The Philippines has an edge in being the “location of choice” by outsourcing clients as the global contact center industry transforms from operational focus to an experience-first model.
This is the highlight of the white paper titled “Philippines at the Helm of Delivering Customer Experience of the Future” presented by consulting and research firm Everest Group during the Contact Islands conference held on Wednesday, Oct. 11, at Shangri-La’s Boracay Resort & Spa in Boracay Island.
“The Philippines has a unique opportunity to not just adapt but to innovate and influence the change.
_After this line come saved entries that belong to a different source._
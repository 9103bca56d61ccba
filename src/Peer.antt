-- ===== src/Peer.antt =====
-- The class PeerNetwork of include/salticidae/network.h: the state that its dispatcher owns. The
-- handlers run one at a time on the dispatcher's thread, so each is a function from state to state.
-- What they ask of other threads or of later events (messages sent, connections to be terminated,
-- callbacks, timers) is recorded in `log` in the order of the calls.
pub mod Messages
pub mod Store
pub mod Session
pub mod Handlers
pub mod Calls
pub mod Sending
use salticidae.Base.{
  ℕ, Bool, true, false, List, Option, none, some, Exception, ℤ, ◌==◌, if◌then◌else◌,
}
use salticidae.NetAddr.{NetAddr}

-- `passive_nonce`
abbrev pub passive_nonce : ℕ
passive_nonce = 0xffff

-- A ping or pong: `none` for a heartbeat, the claimed address and the nonce for a handshake.
pub record Ping : Type 0 where
  pub claimed_addr : NetAddr
  pub nonce : ℕ

pub data Wire : Type 0 where
  ping pong : Option Ping → Wire

pub data ConnMode : Type 0 where
  active passive : ConnMode

-- A connection object. `peer` is the pointer to a Peer; `cert` stands for the peer's certificate;
-- `send_buffer` has the segments that wait to be sent.
pub record Conn : Type 0 where
  pub mode : ConnMode
  pub addr : NetAddr
  pub cert : ℕ
  pub terminated : Bool
  pub peer : Option ℕ
  pub manual : Bool
  pub send_buffer : List (List ℕ)

pub data PeerState : Type 0 where
  disconnected connected reset : PeerState

-- The delay of the retry timer: none, or a random one around the peer's `retry_delay`.
pub data Delay : Type 0 where
  immediate random : Delay

-- `ev_retry_timer`: cleared, set up by `conn_peer` but not running, or running.
pub data RetryTimer : Type 0 where
  unset stopped : RetryTimer
  armed : Delay → RetryTimer

-- The struct Peer. Connections are named by numbers.
pub record Peer : Type 0 where
  pub addr : NetAddr
  pub nonce : ℕ
  pub conn : ℕ
  pub ntry : ℤ
  pub cur_ntry : ℤ
  pub retry_timer : RetryTimer
  pub chosen_conn : Option ℕ
  pub inbound_conn : Option ℕ
  pub outbound_conn : Option ℕ
  pub ping_timer_armed : Bool
  pub ping_timer_ok : Bool
  pub pong_msg_ok : Bool
  pub inbound_preempt_ping : Option Ping
  pub state : PeerState

-- What a handler asks of others. A callback of the user's loop is queued, a connection is terminated
-- by its worker later on.
pub data Effect : Type 0 where
  sends : ℕ → Wire → Effect
  writes : ℕ → List ℕ → Effect
  terminates : ℕ → Effect
  resets_timeout : ℕ → Effect
  -- `peer_cb` and `unknown_peer_cb`.
  tells : ℕ → Bool → Effect
  tells_unknown : NetAddr → ℕ → Effect
  -- `peer_cb` with false, then `ping_handler` with the deferred ping.
  replays : ℕ → Ping → Option ℕ → Effect
  -- `recoverable_error` with the id of the call, and `disp_error_cb`.
  reports : Exception → ℕ → Effect
  fails : Exception → Effect

-- Connections and Peer objects by their addresses in memory, where `none` is a Peer that has been
-- deleted or not made yet; the two maps; the next addresses to be given out.
pub record State : Type 0 where
  pub conns : ℕ → Conn
  pub peers : ℕ → Option Peer
  pub known_peers : ℕ → Option ℕ
  pub pending_peers : NetAddr → Option ℕ
  pub listen_addr : NetAddr
  pub next_conn : ℕ
  pub next_peer : ℕ
  pub log : List Effect

-- How a handler ends: with a value and a new state, with an exception, or at an assert that fails or
-- a pointer to a deleted object.
pub data Outcome (A : Type 0) : Type 0 where
  done : A → State → Outcome A
  throws : Exception → State → Outcome A
  aborts : Outcome A

-- What the network takes from its configuration and from SHA-256: the id of a peer, by the address
-- or by the certificate, and the random number that `RAND_bytes` gives, if it gives one.
pub record Config : Type 0 where
  pub enable_tls : Bool
  pub addr_based : Bool
  pub id_of_addr : NetAddr → ℕ
  pub id_of_cert : ℕ → ℕ
  pub rand_bytes : Option ℕ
This will propel the Philippines to be at the helm of shaping future customer experience,” said Everest Group Global Sourcing partner H Karthik who presented the study during the two-day conference organized by the Contact Center Association of the Philippines (CCAP).
The study underlined that while technology innovation will play a key role in upholding customer experience, high-skilled agents will remain as the key for delivering required services.
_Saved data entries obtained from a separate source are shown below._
-- ===== src/Peer/Store.antt =====
-- The handlers of PeerNetwork as actions: each reads and changes the state, may throw, and may end the
-- program at an assert.
use salticidae.Base.{
  ℕ, Bool, true, false, [], ◌∷◌, ◌++◌, Option, none, some, Exception, ◌==◌, if◌then◌else◌,
}
use salticidae.NetAddr.{NetAddr, is_eq}
use salticidae.Peer.{Conn, Peer, Effect, State, Outcome, done, throws, aborts}

abbrev pub Action : Type 0 → Type 0
Action A = State → Outcome A

abbrev pub bind : {A B : Type 0} → Outcome A → (A → Action B) → Outcome B
bind (done a s) f = f a s
bind (throws e s) f = throws e s
bind aborts f = aborts

infixl 5 ◌>>=◌
abbrev pub ◌>>=◌ : {A B : Type 0} → Action A → (A → Action B) → Action B
(m >>= f) s = bind (m s) f

infixl 5 ◌>>◌
abbrev pub ◌>>◌ : {A B : Type 0} → Action A → Action B → Action B
(m >> n) s = bind (m s) (λ a. n)

abbrev pub pure : {A : Type 0} → A → Action A
pure a s = done a s

abbrev pub throw : {A : Type 0} → Exception → Action A
throw e s = throws e s

abbrev pub assert : Bool → Action Unit
assert true s = done tt s
assert false s = aborts

-- `if (b) a;`
abbrev pub when : Bool → Action Unit → Action Unit
when true a s = a s
when false a s = done tt s

-- `if (o) f(*o);`
abbrev pub given : {A : Type 0} → Option A → (A → Action Unit) → Action Unit
given none f s = done tt s
given (some a) f s = f a s

abbrev pub emit : Effect → Action Unit
emit e s = done tt (record s { log = s.log ++ (e ∷ []) })

abbrev pub update {ℓ} : {A : Type ℓ} → ℕ → A → (ℕ → A) → ℕ → A
update k a f i = if i == k then a else f i

abbrev pub conn_at : ℕ → Action Conn
conn_at c s = done (s.conns c) s

abbrev pub change_conn : ℕ → (Conn → Conn) → Action Unit
change_conn c f s = done tt (record s { conns = update c (f (s.conns c)) s.conns })

-- A pointer to a Peer is followed.
abbrev pub at : Option Peer → Action Peer
at none s = aborts
at (some p) s = done p s

abbrev pub peer_at : ℕ → Action Peer
peer_at q s = at (s.peers q) s

abbrev pub put_peer : ℕ → Peer → Action Unit
put_peer q p s = done tt (record s { peers = update q (some p) s.peers })

abbrev pub change_peer : ℕ → (Peer → Peer) → Action Unit
change_peer q f = do p ← peer_at q; put_peer q (f p)

abbrev pub known : ℕ → Action (Option ℕ)
known pid s = done (s.known_peers pid) s

abbrev pub erase_pending : NetAddr → Action Unit
erase_pending a s =
    done tt (record s { pending_peers = λ b. if is_eq b a then none else s.pending_peers b })

abbrev pub pending_at : NetAddr → Action (Option ℕ)
pending_at a s = done (s.pending_peers a) s

-- `insert`, which leaves a key that is there as it is.
abbrev pub insert_pending : NetAddr → ℕ → Action Unit
insert_pending a c s = done tt (record s {
  pending_peers = λ b. if is_eq b a then kept (s.pending_peers a) else s.pending_peers b;
})
  where
    kept : Option ℕ → Option ℕ
    kept none = some c
    kept (some o) = some o

-- How an exception that leaves the handler is passed on.
abbrev pub caught : (Exception → Effect) → Outcome Unit → Outcome Unit
caught f (throws e s) = emit (f e) s
caught f (done u s) = done u s
caught f aborts = aborts
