-- ===== src/Peer/Session.antt =====
-- What the handlers of PeerNetwork share: nonces, the ping timer, and the functions that establish a
-- connection. Timers are those that `add` and `del` leave; the length of a delay is left out.
pub mod Establishment
pub mod Nonces
use salticidae.Base.{
  ℕ, ◌+◌, Bool, true, false, List, [], ◌∷◌, Option, none, some, Result, ok, err, Exception,
  rand_source, ◌==◌, if◌then◌else◌, not,
}
use salticidae.NetAddr.{NetAddr, is_null}
use salticidae.Peer.{
  Conn, active, passive, Peer, PeerState, disconnected, connected, reset, RetryTimer, unset,
  stopped, armed, Delay, Ping, ping, pong, Config, State, Outcome, done, sends, writes, terminates,
  resets_timeout, tells, fails,
}
use salticidae.Peer.Store.{
  Action, ◌>>=◌, ◌>>◌, pure, throw, assert, when, given, emit, conn_at, change_conn, peer_at,
  put_peer, change_peer, erase_pending, pending_at, insert_pending, update, caught,
}

-- `Peer::get_nonce` on a Peer: the nonce is drawn when it is 0.
drawn : Option ℕ → Action ℕ
drawn none = throw rand_source
drawn (some n) = pure (n + 1)

unfoldable pub get_nonce : Config → ℕ → Action ℕ
unfolding drawn
get_nonce config q = do
  p ← peer_at q
  nonce ← if p.nonce == 0 then drawn config.rand_bytes else pure p.nonce
  put_peer q (record p { nonce = nonce })
  pure nonce

-- `get_peer_id`, from the certificate of the connection.
unfoldable pub get_peer_id : Config → ℕ → NetAddr → ℕ
get_peer_id config cert a =
    if not config.enable_tls
    then config.id_of_addr a
    else if config.addr_based
    then config.id_of_addr a
    else config.id_of_cert cert

abbrev pub is_disconnected : PeerState → Bool
is_disconnected disconnected = true
is_disconnected connected = false
is_disconnected reset = false

abbrev pub is_connected : PeerState → Bool
is_connected connected = true
is_connected disconnected = false
is_connected reset = false

abbrev pub is_set : RetryTimer → Bool
is_set unset = false
is_set stopped = true
is_set (armed d) = true

-- `ev_retry_timer.add`, which asserts that the timer has been set up, and `ev_retry_timer.del`.
unfoldable pub add_retry : ℕ → Delay → Action Unit
add_retry q d = do
  p ← peer_at q
  assert (is_set p.retry_timer)
  put_peer q (record p { retry_timer = armed d })

abbrev pub deleted : RetryTimer → RetryTimer
deleted unset = unset
deleted stopped = stopped
deleted (armed d) = stopped

unfoldable pub reset_ping_timer : ℕ → Action Unit
reset_ping_timer q = change_peer q (λ p. record p { ping_timer_armed = true })

-- `send_ping` through the chosen connection, which is not null where it is called.
heartbeat : Option ℕ → Action Unit
heartbeat none s = Outcome.aborts
heartbeat (some c) s = (do emit (resets_timeout c); emit (sends c (ping none))) s

unfoldable pub send_ping : ℕ → Action Unit
unfolding heartbeat
send_ping q = do
  change_peer q (λ p. record p { ping_timer_ok = false; pong_msg_ok = false })
  p ← peer_at q
  heartbeat p.chosen_conn

-- The callback of the ping timer, which has fired.
unfoldable pub ping_timer : ℕ → Action Unit
unfolding reset_ping_timer send_ping
ping_timer q = do
  change_peer q (λ p. record p { ping_timer_armed = false; ping_timer_ok = true })
  p ← peer_at q
  when p.pong_msg_ok (do reset_ping_timer q; send_ping q)

-- The loop of `finish_handshake`, which hands the segments of the old connection to the new one.
unfoldable pub move_segments : ℕ → List (List ℕ) → Action (List (List ℕ))
move_segments new [] = pure []
move_segments new ([] ∷ segs) = pure segs
move_segments new ((b ∷ bs) ∷ segs) = do emit (writes new (b ∷ bs)); move_segments new segs

adopt : ℕ → ℕ → Option ℕ → Action Unit
unfolding move_segments
adopt q old none s = Outcome.aborts
adopt q old (some new) s =
    (do
      o ← conn_at old
      assert o.terminated
      left ← move_segments new o.send_buffer
      change_conn old (λ c. record c { send_buffer = left; peer = none })
      change_peer q (λ p. record p { conn = new })
      change_conn new (λ c. record c { peer = some q })
      emit (tells new true)
      c ← conn_at new
      erase_pending c.addr)
      s

unfoldable pub finish_handshake : ℕ → Action Unit
unfolding reset_ping_timer send_ping adopt
finish_handshake q = do
  p ← peer_at q
  assert (is_disconnected p.state)
  given p.outbound_conn (λ c. change_conn c (λ k. record k { peer = none }))
  put_peer q (record p {
    ping_timer_armed = false;
    inbound_conn = none;
    outbound_conn = none;
    state = connected;
  })
  reset_ping_timer q
  send_ping q
  change_peer q (λ p. record p { retry_timer = deleted p.retry_timer; cur_ntry = p.ntry })
  r ← peer_at q
  adopt q r.conn r.chosen_conn

-- The connection that is replaced is erased, so that the insertion takes effect.
unfoldable pub replace_pending_conn : ℕ → Action Unit
replace_pending_conn c = do
  k ← conn_at c
  old ← pending_at k.addr
  given old (λ o. when (not (o == c)) (do emit (terminates o); erase_pending k.addr))
  insert_pending k.addr c

-- `start_active_conn`. `opened` is how the socket calls of `ConnPool::_connect` end; `cert` is read
-- only after the worker has set the connection up.
made : NetAddr → Result (Unit {0}) → ℕ → Action ℕ
made a (err e) q s = throw e s
made a (ok u) q s = done s.next_conn (record s {
  conns =
      update s.next_conn
        (record {
          mode = active;
          addr = a;
          cert = 0;
          terminated = false;
          peer = some q;
          manual = false;
          send_buffer = [];
        })
        s.conns;
  next_conn = s.next_conn + 1;
})

absent : Option ℕ → Bool
absent none = true
absent (some c) = false

unfoldable pub start_active_conn : Result (Unit {0}) → ℕ → Action Unit
unfolding made absent
start_active_conn opened q = do
  p ← peer_at q
  assert (not (is_null p.addr))
  c ← made p.addr opened q
  given p.outbound_conn (λ o. emit (terminates o))
  put_peer q (record p { outbound_conn = some c })
  old ← pending_at p.addr
  assert (absent old)

-- The callback of the retry timer, which has fired.
unfoldable pub retry : Result (Unit {0}) → ℕ → Action Unit
unfolding start_active_conn add_retry
retry opened q s = caught fails (
    (do
      change_peer q (λ p. record p { retry_timer = deleted p.retry_timer })
      start_active_conn opened q
      add_retry q Delay.random)
      s)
“The contact center industry in the Philippines is rapidly evolving to meet the requirements of customer experience delivery, and will continue to have a strong leading value proposition,” Karthik asserted.
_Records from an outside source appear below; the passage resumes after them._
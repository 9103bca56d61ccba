-- ===== src/Peer/Calls.antt =====
-- The calls of PeerNetwork by which the user manages the peers, as the dispatcher runs them. `id` is
-- the number that the call has returned. A PeerNetworkError is reported under it.
pub mod Membership
pub mod Reconnecting
use salticidae.Base.{
  ℕ, ◌+◌, Bool, true, false, ◌&&◌, not, List, [], ◌∷◌, Option, none, some, Exception,
  peer_already_exists, peer_not_exist, peer_not_ready, ◌==◌, if◌then◌else◌, ℤ, pos, is_nonzero,
}
use salticidae.NetAddr.{NetAddr, null_addr, is_null}
use salticidae.Peer.{
  passive_nonce, Conn, active, passive, Peer, PeerState, disconnected, connected, reset, RetryTimer,
  stopped, unset, Delay, State, Outcome, done, terminates, reports,
}
use salticidae.Peer.Store.{
  Action, ◌>>=◌, ◌>>◌, pure, throw, assert, when, given, emit, conn_at, change_conn, peer_at,
  put_peer, known, update, caught,
}
use salticidae.Peer.Session.{is_disconnected, add_retry}

-- A new Peer with its connection that is terminated from the start, whose mode and address have no
-- value that is read.
new_peer : ℕ → Peer
new_peer c = record {
  addr = null_addr;
  nonce = passive_nonce;
  conn = c;
  ntry = pos 0;
  cur_ntry = pos 0;
  retry_timer = unset;
  chosen_conn = none;
  inbound_conn = none;
  outbound_conn = none;
  ping_timer_armed = false;
  ping_timer_ok = false;
  pong_msg_ok = false;
  inbound_preempt_ping = none;
  state = disconnected;
}

new_conn : ℕ → Conn
new_conn q = record {
  mode = passive;
  addr = null_addr;
  cert = 0;
  terminated = true;
  peer = some q;
  manual = true;
  send_buffer = [];
}

enter : ℕ → Option ℕ → Action Unit
unfolding new_peer new_conn
enter pid (some q) s = throw peer_already_exists s
enter pid none s = done tt (record s {
  conns = update s.next_conn (new_conn s.next_peer) s.conns;
  peers = update s.next_peer (some (new_peer s.next_conn)) s.peers;
  known_peers = update pid (some s.next_peer) s.known_peers;
  next_conn = s.next_conn + 1;
  next_peer = s.next_peer + 1;
})

pub add_peer : ℕ → ℕ → Action Unit
unfolding enter
add_peer pid id s = caught (λ e. reports e id) ((do found ← known pid; enter pid found) s)

-- `it->second`, or an exception where the id is not known.
abbrev pub found : Option ℕ → Action ℕ
found none = throw peer_not_exist
found (some q) = pure q

-- The established connection is terminated before the next attempt is made.
restart : ℕ → Bool → PeerState → Action Unit
restart q b disconnected = when b (add_retry q Delay.immediate)
restart q b connected = do
  p ← peer_at q
  put_peer q (record p { state = reset })
  emit (terminates p.conn)
restart q b reset = pure tt

pub conn_peer : ℕ → ℤ → ℕ → Action Unit
unfolding restart
conn_peer pid ntry id s =
    caught (λ e. reports e id)
      ((do
        entry ← known pid
        q ← found entry
        p ← peer_at q
        if is_null p.addr then throw peer_not_ready else (do
          put_peer q (record p {
            ntry = ntry;
            cur_ntry = ntry;
            inbound_conn = none;
            outbound_conn = none;
            ping_timer_armed = false;
            nonce = 0;
            retry_timer = stopped;
          })
          restart q (is_nonzero ntry) p.state))
        s)

pub set_peer_addr : ℕ → NetAddr → ℕ → Action Unit
set_peer_addr pid a id s =
    caught (λ e. reports e id)
      ((do entry ← known pid; q ← found entry; p ← peer_at q; put_peer q (record p { addr = a })) s)

-- `known_peers.erase`, which deletes the Peer: `~Peer` clears the pointers of its two handshake
-- connections.
erase : ℕ → ℕ → Action Unit
erase pid q s =
    done tt
      (record s { known_peers = update pid none s.known_peers; peers = update q none s.peers })

forget : Option ℕ → Action Unit
forget o = given o (λ c. change_conn c (λ k. record k { peer = none }))

pub del_peer : ℕ → ℕ → Action Unit
unfolding erase forget
del_peer pid id s =
    caught (λ e. reports e id)
      ((do
        entry ← known pid
        q ← found entry
        p ← peer_at q
        change_conn p.conn (λ k. record k { peer = none })
        emit (terminates p.conn)
        given p.inbound_conn (λ c. emit (terminates c))
        given p.outbound_conn (λ c. emit (terminates c))
        forget p.inbound_conn
        forget p.outbound_conn
        erase pid q)
        s)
“Customer experience will continue to be heavily dependent on high-quality talent with high-empathy skills, and the Philippines is the leading provider of such talent.”
He also emphasized the advantage brought about by the fact that the country has among the world’s youngest population (with median age of 23 years). “It forms the perfect bedrock for serving the millennial customers,” he said.
The analysis by Everest Group pointed out that local contact centers have already started upgrading its capabilities to meet the changing requirements in the global industry environment.
The study identified these current conditions of Philippine-based contact centers:
- Up to a third of the agents in best-in-class centers have already been trained to acquire multi-channel expertise.
- Robotic process automation (RPA) solutions are starting to be implemented like rule-based chatbots for simple business processes and customer queries.
- Focus and investment on analytics for customer experience delivery is growing although analytics for operational excellence still has higher adaption.
- In line with global trends, adaption level of artificial intelligence (AI) and assisted automation solutions in the country remains in a nascent stage.
- Companies are actively redesigning their recruitment and training approaches to increase focus on multi-channel capabilities and technical skills.
Despite its strong position in adapting and instituting skills-upgrade of its agents, the country’s contact center industry still needs to further strengthen its capabilities to “shape the global future” of contact center services, according to Everest Group.
“While Philippine-based contact centers continue to grow, adapt next-gen solutions, and improve their talent models, a sustained effort is needed to maintain the Philippines’ leading position for contact center services,” said Karthik.
“Companies will have to invest significantly in building technology and talent for automation, AI, and analytics. At the same time, they also need to develop agent skills for delivering superior omnichannel experiences,” he concluded.
Meanwhile, CCAP chairman Benedict Hernandez expressed confidence in the industry’s ability to remain as a leader when it comes to delivering superior customer experience.
“Our primary industry agenda is to keep that leading edge position globally. This year’s Contact Islands conference gathers top players and thinkers worldwide to discuss how we continue to invest in both technology and in our people, who already stand out globally in services, to take customer experience to a whole new level,” Hernandez said.
Currently, the Philippines remains as among the top nations where contact center services are outsourced. Based on industry data, the country’s contact center industry currently employs more than 800,000 professionals.
It generated $13 billion in export revenues in 2016, and it is still poised to keep a steady yearly growth rate of about 8% and hit $20 billion by 2022.